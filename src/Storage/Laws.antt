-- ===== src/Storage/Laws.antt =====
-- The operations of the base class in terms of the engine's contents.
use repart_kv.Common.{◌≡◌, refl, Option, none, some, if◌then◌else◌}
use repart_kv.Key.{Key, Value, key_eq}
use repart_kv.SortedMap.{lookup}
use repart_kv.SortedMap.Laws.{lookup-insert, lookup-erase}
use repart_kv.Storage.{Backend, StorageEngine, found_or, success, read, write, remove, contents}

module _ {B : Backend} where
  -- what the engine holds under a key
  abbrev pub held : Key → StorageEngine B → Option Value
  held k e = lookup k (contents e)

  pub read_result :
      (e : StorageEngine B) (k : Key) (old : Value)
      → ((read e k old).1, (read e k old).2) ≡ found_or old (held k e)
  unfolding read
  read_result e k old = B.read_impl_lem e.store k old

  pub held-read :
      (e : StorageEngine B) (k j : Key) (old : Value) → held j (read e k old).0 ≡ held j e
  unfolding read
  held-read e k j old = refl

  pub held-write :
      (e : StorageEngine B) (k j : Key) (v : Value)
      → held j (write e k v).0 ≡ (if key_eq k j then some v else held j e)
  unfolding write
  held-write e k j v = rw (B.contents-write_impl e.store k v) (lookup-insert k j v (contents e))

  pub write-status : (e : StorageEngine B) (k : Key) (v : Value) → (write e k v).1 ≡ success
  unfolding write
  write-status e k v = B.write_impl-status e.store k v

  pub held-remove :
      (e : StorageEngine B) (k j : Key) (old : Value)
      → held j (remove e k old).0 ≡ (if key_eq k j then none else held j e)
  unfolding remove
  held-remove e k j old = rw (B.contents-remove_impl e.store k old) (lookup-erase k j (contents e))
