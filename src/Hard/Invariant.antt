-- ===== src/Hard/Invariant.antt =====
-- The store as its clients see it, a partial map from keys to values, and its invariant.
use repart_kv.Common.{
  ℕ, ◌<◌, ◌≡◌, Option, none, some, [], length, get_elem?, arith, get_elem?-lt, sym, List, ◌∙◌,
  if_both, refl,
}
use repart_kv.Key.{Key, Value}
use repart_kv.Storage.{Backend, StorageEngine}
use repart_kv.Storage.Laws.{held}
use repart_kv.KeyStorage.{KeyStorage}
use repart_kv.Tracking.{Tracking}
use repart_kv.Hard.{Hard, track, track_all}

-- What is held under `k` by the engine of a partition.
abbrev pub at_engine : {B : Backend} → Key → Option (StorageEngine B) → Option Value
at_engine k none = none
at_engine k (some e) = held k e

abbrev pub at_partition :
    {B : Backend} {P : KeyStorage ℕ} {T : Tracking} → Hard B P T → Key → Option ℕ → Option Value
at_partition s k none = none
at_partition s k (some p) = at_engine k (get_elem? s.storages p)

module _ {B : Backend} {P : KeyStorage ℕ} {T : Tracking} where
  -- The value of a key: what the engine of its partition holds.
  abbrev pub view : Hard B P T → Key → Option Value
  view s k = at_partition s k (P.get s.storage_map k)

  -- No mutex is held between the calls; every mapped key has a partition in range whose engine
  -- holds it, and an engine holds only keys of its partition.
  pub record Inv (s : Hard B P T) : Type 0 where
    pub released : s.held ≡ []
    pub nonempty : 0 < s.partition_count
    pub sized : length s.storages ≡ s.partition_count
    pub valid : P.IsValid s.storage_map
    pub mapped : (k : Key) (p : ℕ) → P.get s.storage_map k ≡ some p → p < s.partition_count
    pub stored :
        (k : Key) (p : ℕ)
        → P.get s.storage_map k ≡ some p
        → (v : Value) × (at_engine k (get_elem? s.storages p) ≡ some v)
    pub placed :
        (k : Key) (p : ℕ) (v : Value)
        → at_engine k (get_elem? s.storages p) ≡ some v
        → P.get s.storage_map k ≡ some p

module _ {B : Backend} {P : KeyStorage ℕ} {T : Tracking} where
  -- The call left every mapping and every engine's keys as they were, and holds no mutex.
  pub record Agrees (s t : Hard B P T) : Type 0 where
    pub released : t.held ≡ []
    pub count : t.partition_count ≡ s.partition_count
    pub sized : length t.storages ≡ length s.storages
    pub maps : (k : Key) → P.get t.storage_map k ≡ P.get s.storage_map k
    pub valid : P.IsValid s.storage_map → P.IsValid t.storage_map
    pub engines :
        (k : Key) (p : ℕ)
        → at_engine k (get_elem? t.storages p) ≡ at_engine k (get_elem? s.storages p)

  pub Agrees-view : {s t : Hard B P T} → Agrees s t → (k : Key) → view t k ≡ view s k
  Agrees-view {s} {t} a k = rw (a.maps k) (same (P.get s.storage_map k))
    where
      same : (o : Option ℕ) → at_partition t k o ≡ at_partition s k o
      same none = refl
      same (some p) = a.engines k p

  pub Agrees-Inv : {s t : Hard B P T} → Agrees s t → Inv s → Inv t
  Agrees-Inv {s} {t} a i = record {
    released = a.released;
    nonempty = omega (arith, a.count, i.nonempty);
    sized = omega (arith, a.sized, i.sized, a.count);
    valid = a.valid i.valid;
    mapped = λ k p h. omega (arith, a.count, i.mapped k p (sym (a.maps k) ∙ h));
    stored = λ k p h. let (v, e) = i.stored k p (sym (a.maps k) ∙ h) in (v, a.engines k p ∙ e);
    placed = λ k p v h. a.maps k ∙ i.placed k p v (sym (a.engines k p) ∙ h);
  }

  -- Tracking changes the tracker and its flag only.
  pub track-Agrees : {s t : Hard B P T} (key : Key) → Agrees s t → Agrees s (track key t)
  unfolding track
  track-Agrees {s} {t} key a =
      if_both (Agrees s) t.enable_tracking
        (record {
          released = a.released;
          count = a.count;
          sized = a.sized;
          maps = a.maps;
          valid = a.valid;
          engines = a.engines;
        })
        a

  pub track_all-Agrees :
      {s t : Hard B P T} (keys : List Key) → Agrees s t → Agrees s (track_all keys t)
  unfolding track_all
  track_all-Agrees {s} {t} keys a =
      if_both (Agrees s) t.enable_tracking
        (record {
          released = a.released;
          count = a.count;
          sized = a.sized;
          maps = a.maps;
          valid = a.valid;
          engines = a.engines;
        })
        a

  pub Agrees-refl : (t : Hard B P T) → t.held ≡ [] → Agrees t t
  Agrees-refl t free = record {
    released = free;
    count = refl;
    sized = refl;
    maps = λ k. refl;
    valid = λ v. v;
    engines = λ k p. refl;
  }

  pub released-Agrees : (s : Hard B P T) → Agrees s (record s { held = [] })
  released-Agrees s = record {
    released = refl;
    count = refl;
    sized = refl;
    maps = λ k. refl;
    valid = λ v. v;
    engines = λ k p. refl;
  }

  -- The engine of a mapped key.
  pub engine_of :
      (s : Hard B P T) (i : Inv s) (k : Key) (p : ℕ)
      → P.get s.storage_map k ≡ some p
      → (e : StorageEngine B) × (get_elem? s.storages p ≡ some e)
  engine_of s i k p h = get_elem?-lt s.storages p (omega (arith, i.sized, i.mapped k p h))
++++++++++
Task to carry out ▸ Look over the material above and report each line holding "released".

Exercise result ▸
    pub released : s.held ≡ []
    pub released : t.held ≡ []
    released = a.released;
          released = a.released;
          released = a.released;
    released = free;
  pub released-Agrees : (s : Hard B P T) → Agrees s (record s { held = [] })
  released-Agrees s = record {
    released = refl;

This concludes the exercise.